Elsevier

Experimental Neurology

Volume 190, Issue 2, December 2004, Pages 373-383
Experimental Neurology

Rotenone potentiates dopamine neuron loss in animals exposed to lipopolysaccharide prenatally

https://doi.org/10.1016/j.expneurol.2004.08.006Get rights and content

Abstract

We previously demonstrated that treating gravid female rats with the bacteriotoxin lipopolysaccharide (LPS) led to the birth of offspring with fewer than normal dopamine (DA) neurons. This DA neuron loss was long-lived and associated with permanent increases in the pro-inflammatory cytokine tumor necrosis factor alpha (TNFα). Because of this pro-inflammatory state, we hypothesized that these animals would be more susceptible to subsequent exposure of DA neurotoxins. We tested this hypothesis by treating female Sprague–Dawley rats exposed to LPS or saline prenatally with a subtoxic dose of the DA neurotoxin rotenone (1.25 mg/kg per day) or vehicle for 14 days when they were 16 months old. After another 14 days, the animals were sacrificed. Tyrosine hydroxylase-immunoreactive (THir) cell counts were used as an index of DA neuron survival. Animals exposed to LPS prenatally or rotenone postnatally exhibited a 22% and 3%, respectively, decrease in THir cell counts relative to controls. The combined effects of prenatal LPS and postnatal rotenone exposure produced a synergistic 39% THir cell loss relative to controls. This loss was associated with decreased striatal DA and increased striatal DA activity ([HVA]/[DA]) and TNFα. Animals exposed to LPS prenatally exhibited a marked increase in the number of reactive microglia that was further increased by rotenone exposure. Prenatal LPS exposure also led to increased levels of oxidized proteins and the formation of α-Synuclein and eosin positive inclusions resembling Lewy bodies. These results suggest that exposure to low doses of an environmental neurotoxin like rotenone can produce synergistic DA neuron losses in animals with a preexisting pro-inflammatory state. This supports the notion that Parkinson's disease (PD) may be caused by multiple factors and the result of “multiple hits” from environmental toxins.

Introduction

Environmental factors are thought to contribute to the development of nonfamilial Parkinson's disease (PD). Von Economo's pan encephalitis (Casals et al., 1998) and manganese (Zheng et al., 1998) are considered long-standing members of a growing list of risk factors, while more recent additions include pesticides and fungicides such as dieldrin (Corrigan et al., 2000) and maneb (Thiruchelvam et al., 2000), respectively (see Adams and Odunze, 1991, Dawson et al., 1995, Di Monte, 2003; for reviews). That environmental factors serve as risk factors for PD was formalized by Calne and Langston (1983). They proposed that exposure to an environmental toxin such as 1-methyl, 4-phenyl, 1,2,3,6 tetrahydropyridine (MPTP) killed a portion of the DA neurons; but not enough cells were lost to produce PD. However, additional age-related DA neuron losses eventually produced sufficient cell losses to cause clinical symptoms. Unfortunately, the vast majority of PD patients cannot identify a specific exposure in their past that was sufficient enough to produce their disease. Although this might suggest that environmental factors are not responsible, it might also imply the involvement of low doses of toxins acting synergistically. This latter possibility is consistent with the emerging hypothesis that the cause of PD is multifactorial and a result of interacting “multiple hits” involving different toxins (Di Monte, 2003) or gene–toxin interactions (Greenamyre et al., 2003, Le Couteur et al., 2002).

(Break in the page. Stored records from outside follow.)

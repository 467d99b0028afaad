-- ===== src/Entry/Hops.antt =====
-- The least and the greatest hop count over the paths.
use ns2_te_aomdv.Base.{
  ℕ, ◌≤◌, ◌<◌, ◌≡◌, refl, ◌⊎◌, inl, inr, Bool, true, Option, none, some, List, [], ◌∷◌, any, ltb,
  ◌==◌, arith, All, if◌then◌else◌, Bool-cases, Option-cases,
}
use ns2_te_aomdv.Entry.{Entry, RoutePath, infinity2}
use ns2_te_aomdv.Entry.Choice.{
  path_get_min_hopcount, path_get_max_hopcount, path_find_min_hop, min_hopcount_from,
  max_hopcount_from, min_hop_from,
}

module _ {D : Type 0} where
  abbrev pub has_hopcount : ℕ → RoutePath D → Bool
  has_hopcount h p = p.hopcount == h

  All-mono :
      (a b : ℕ) (ps : List (RoutePath D))
      → a ≤ b
      → All (λ p. p.hopcount ≤ a) ps
      → All (λ p. p.hopcount ≤ b) ps
  All-mono a b [] h k = tt
  All-mono a b (p ∷ ps) h k = (omega arith, All-mono a b ps h k.1)

  min_hopcount_from_lem :
      (m : ℕ) (ps : List (RoutePath D))
      → let r = min_hopcount_from m ps in
        (r ≤ m) × All (λ p. r ≤ p.hopcount) ps × ((r ≡ m) ⊎ (any (has_hopcount r) ps ≡ true))
  unfolding min_hopcount_from
  min_hopcount_from_lem m [] = (omega arith, tt, inl refl)
  min_hopcount_from_lem m (p ∷ ps) =
      ground (arith, min_hopcount_from_lem (if ltb p.hopcount m then p.hopcount else m) ps)

  -- `path_get_min_hopcount` is at most every path's hop count and at most 255, and it is one of these
  -- numbers.
  pub path_get_min_hopcount_lem :
      (e : Entry D)
      → let r = path_get_min_hopcount e in
        (r ≤ infinity2)
        × All (λ p. r ≤ p.hopcount) e.paths
        × ((r ≡ infinity2) ⊎ (any (has_hopcount r) e.paths ≡ true))
  unfolding path_get_min_hopcount
  path_get_min_hopcount_lem e = min_hopcount_from_lem infinity2 e.paths

  max_hopcount_from_lem :
      (m : ℕ) (ps : List (RoutePath D))
      → let r = max_hopcount_from m ps in
        (m ≤ r) × All (λ p. p.hopcount ≤ r) ps × ((r ≡ m) ⊎ (any (has_hopcount r) ps ≡ true))
  unfolding max_hopcount_from
  max_hopcount_from_lem m [] = (omega arith, tt, inl refl)
  max_hopcount_from_lem m (p ∷ ps) =
      ground (arith, max_hopcount_from_lem (if ltb m p.hopcount then p.hopcount else m) ps)

  -- Of an entry with paths, `path_get_max_hopcount` is at least every path's hop count, and it is
  -- one of these, unless all are 0; then it is 255.
  pub path_get_max_hopcount_lem :
      (e : Entry D)
      → let r = path_get_max_hopcount e in
        All (λ p. p.hopcount ≤ r) e.paths
        × ((r ≡ infinity2) × All (λ p. p.hopcount ≤ 0) e.paths
            ⊎ any (has_hopcount r) e.paths ≡ true)
  unfolding path_get_max_hopcount
  path_get_max_hopcount_lem e =
      ground (arith, max_hopcount_from_lem 0 e.paths, All-mono 0 infinity2 e.paths (omega arith))

  -- What the loop of `path_findMinHop` knows: the best path so far has the least hop count so far.
  abbrev Meets : Option (RoutePath D) → ℕ → Type 0
  Meets none m = Unit
  Meets (some q) m = q.hopcount ≡ m

  abbrev Least : Option (RoutePath D) → ℕ → List (RoutePath D) → Option (RoutePath D) → Type 0
  Least best m ps none = (best ≡ none) × All (λ p. m ≤ p.hopcount) ps
  Least best m ps (some q) =
      All (λ p. q.hopcount ≤ p.hopcount) ps
      × (q.hopcount ≤ m)
      × ((q.hopcount < m) ⊎ (best ≡ some q))

  min_hop_from-Least :
      (best : Option (RoutePath D)) (m : ℕ) (ps : List (RoutePath D))
      → Meets best m
      → Least best m ps (min_hop_from best m ps)
  unfolding min_hop_from
  min_hop_from-Least none m [] h = (refl, tt)
  min_hop_from-Least (some q) m [] h = (tt, omega arith, inr refl)
  min_hop_from-Least best m (p ∷ ps) h = elim (Bool-cases (ltb p.hopcount m)) [
    | inl less ↦ rw less (
        ground (
          arith,
          min_hop_from-Least (some p) p.hopcount ps refl,
          Option-cases (min_hop_from (some p) p.hopcount ps),
        ))
    | inr more ↦
        rw more
          (ground (arith, min_hop_from-Least best m ps h, Option-cases (min_hop_from best m ps)))
  ]

  -- The result of `path_findMinHop`: no path is shorter, or every path has at least 65535 hops.
  abbrev pub IsShortest : List (RoutePath D) → Option (RoutePath D) → Type 0
  IsShortest ps none = All (λ p. 0xffff ≤ p.hopcount) ps
  IsShortest ps (some q) = All (λ p. q.hopcount ≤ p.hopcount) ps × (q.hopcount < 0xffff)

  -- No path of the entry has fewer hops than the one that `path_findMinHop` finds; it finds none only
  -- if every path has at least 65535 hops.
  pub path_find_min_hop-IsShortest : (e : Entry D) → IsShortest e.paths (path_find_min_hop e)
  unfolding path_find_min_hop
  path_find_min_hop-IsShortest e = ground (
    arith,
    min_hop_from-Least none 0xffff e.paths tt,
    Option-cases (min_hop_from none 0xffff e.paths),
  )
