-- ===== src/Agent/Order/Advertised.antt =====
-- The advertised hops bound the paths of a route.
use ns2_te_aomdv.Base.{
  ℕ, ◌≤◌, ◌≡◌, subst, sym, Bool, true, false, inl, inr, Option, List, [], ◌∷◌, any, All, All-map,
  ltb, arith, Bool-cases, Double,
}
use ns2_te_aomdv.Packet.{Packet, Request, Reply}
use ns2_te_aomdv.Entry.{Entry, RoutePath}
use ns2_te_aomdv.Entry.Hops.{path_get_max_hopcount_lem}
use ns2_te_aomdv.Neighbor.{Neighbor}
use ns2_te_aomdv.Agent.State.{Env}
use ns2_te_aomdv.Agent.RecvRequest.{learn_reverse}
use ns2_te_aomdv.Agent.RecvRequest.Answer.{advertise}
use ns2_te_aomdv.Agent.RecvReply.{learn_forward}
use ns2_te_aomdv.Agent.Invariant.{Gives, weaken-Gives}
use ns2_te_aomdv.Agent.Order.{is_like, Follows, learn_reverse-Follows, learn_forward-Follows}

module _ {D : Type 0} ⦃fl : Double D⦄ (env : Env D) where
  -- With a number that was advertised, no path is longer than the number.
  abbrev pub IsAdvertised : Entry D → Type 0
  IsAdvertised e =
      env.is_infinity e.advertised_hops ≡ false → All (λ q. q.hopcount ≤ e.advertised_hops) e.paths

  any-All :
      (P : ℕ → Type 0) (ps : List (RoutePath D)) (q : RoutePath D)
      → All (λ r. P r.hopcount) ps
      → any (is_like q) ps ≡ true
      → P q.hopcount
  any-All P [] q a h = cc
  any-All P (p ∷ ps) q a h = elim (Bool-cases (is_like q p)) [
    | inl hit ↦ subst P (ground arith) a.0
    | inr miss ↦ any-All P ps q a.1 (ground arith)
  ]

  clash : {b : Bool} → b ≡ true → b ≡ false → ⊥
  clash h k = cc

  -- The rule keeps the paths within what is advertised.
  Follows-IsAdvertised :
      (e e' : Entry D) (seqno hops nexthop lasthop : ℕ)
      → env.is_infinity env.infinity ≡ true
      → Follows env e seqno hops nexthop lasthop e'
      → IsAdvertised e
      → IsAdvertised e'
  Follows-IsAdvertised e e' seqno hops nexthop lasthop inf f a adv =
      elim (Bool-cases (ltb e.seqno e'.seqno)) [
        | inl later ↦
            let reset = f.resets (ground arith) in
            absurd (clash inf (subst (λ m. env.is_infinity m ≡ false) reset.1 adv))
        | inr same ↦
            let here : e'.seqno ≡ e.seqno = ground (arith, f.never_back) in
            let bound : e'.advertised_hops ≡ e.advertised_hops = f.keeps here in
            All-map
              (λ q h. elim h [
                | inl old ↦
                    any-All (λ n. n ≤ e'.advertised_hops) e.paths q
                      (subst (λ m. All (λ r. r.hopcount ≤ m) e.paths) (sym bound)
                        (a (subst (λ m. env.is_infinity m ≡ false) bound adv)))
                      old.1
                | inr new ↦ ground (arith, new, here, bound)
              ])
              e'.paths f.paths
      ]

  -- Where the macro INFINITY is the infinity of the comparison, and no path of an entry with advertised
  -- hops is longer than these: the same holds of the entry after a request or a reply was learnt from,
  -- on every branch that does not stop, and of one that is just advertised.
  pub stay-IsAdvertised :
      (index max_paths diff : ℕ) (p : Packet D) (rq : Request D) (nb : Option (Neighbor D))
      (rp : Reply D) (e : Entry D)
      → env.is_infinity env.infinity ≡ true
      → IsAdvertised e
      → Gives (λ r. IsAdvertised r.1) (learn_reverse env index max_paths diff p rq e)
        × Gives (λ r. IsAdvertised r.1) (learn_forward env max_paths diff nb rp e)
        × IsAdvertised (advertise env e)
  stay-IsAdvertised index max_paths diff p rq nb rp e inf a = (
    weaken-Gives _ (λ r. IsAdvertised r.1) (learn_reverse env index max_paths diff p rq e)
        (learn_reverse-Follows env index max_paths diff p rq e)
        (λ r f. Follows-IsAdvertised e r.1 _ _ _ _ inf f a),
    weaken-Gives _ (λ r. IsAdvertised r.1) (learn_forward env max_paths diff nb rp e)
        (learn_forward-Follows env max_paths diff nb rp e)
        (λ r f. Follows-IsAdvertised e r.1 _ _ _ _ inf f a),
    elim (Bool-cases (env.is_infinity e.advertised_hops)) [
      | inl new ↦ rw new (λ _. (path_get_max_hopcount_lem e).0)
      | inr old ↦ rw old (λ _. a old)
    ],
  )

The multiple hit hypothesis is attractive because it raises the possibility of synergistic interactions. This would imply that toxin exposure levels could be low or sporadic, and therefore difficult to detect epidemiologically. It has been widely assumed that these exposures occurred during adult life. However, we previously demonstrated that exposure to a low dose of the bacteriotoxin lipopolysaccharide (LPS) during a critical window of vulnerability during fetal development led to the birth of rat pups with fewer than normal DA neurons (Ling et al., 2002a, Ling et al., 2002b). This suggests toxin exposure relevant to PD can also occur in utero. Such exposure frequently occurs in humans as a result of bacterial vaginosis (Dammann and Leviton, 1998, Paige et al., 1998), which is known to complicate approximately 14% of normal births (Thorsen et al., 1998). Interestingly, animals born following prenatal exposure to LPS have long-lived elevations in the pro-inflammatory cytokine tumor necrosis factor alpha (TNFα). This is potentially significant because TNFα can kill DA neurons (McGuire et al., 2001), is increased by several DA neurotoxins (Hornykiewicz and Kish, 1987, Nagatsu et al., 2000), and is elevated in the brains of patients with PD (Boka et al., 1994, Mogi et al., 2000a). If animals exposed to LPS prenatally were exposed as adults to a neurotoxin that increased TNFα or other pro-inflammatory factors, synergistic DA neuron loss might occur.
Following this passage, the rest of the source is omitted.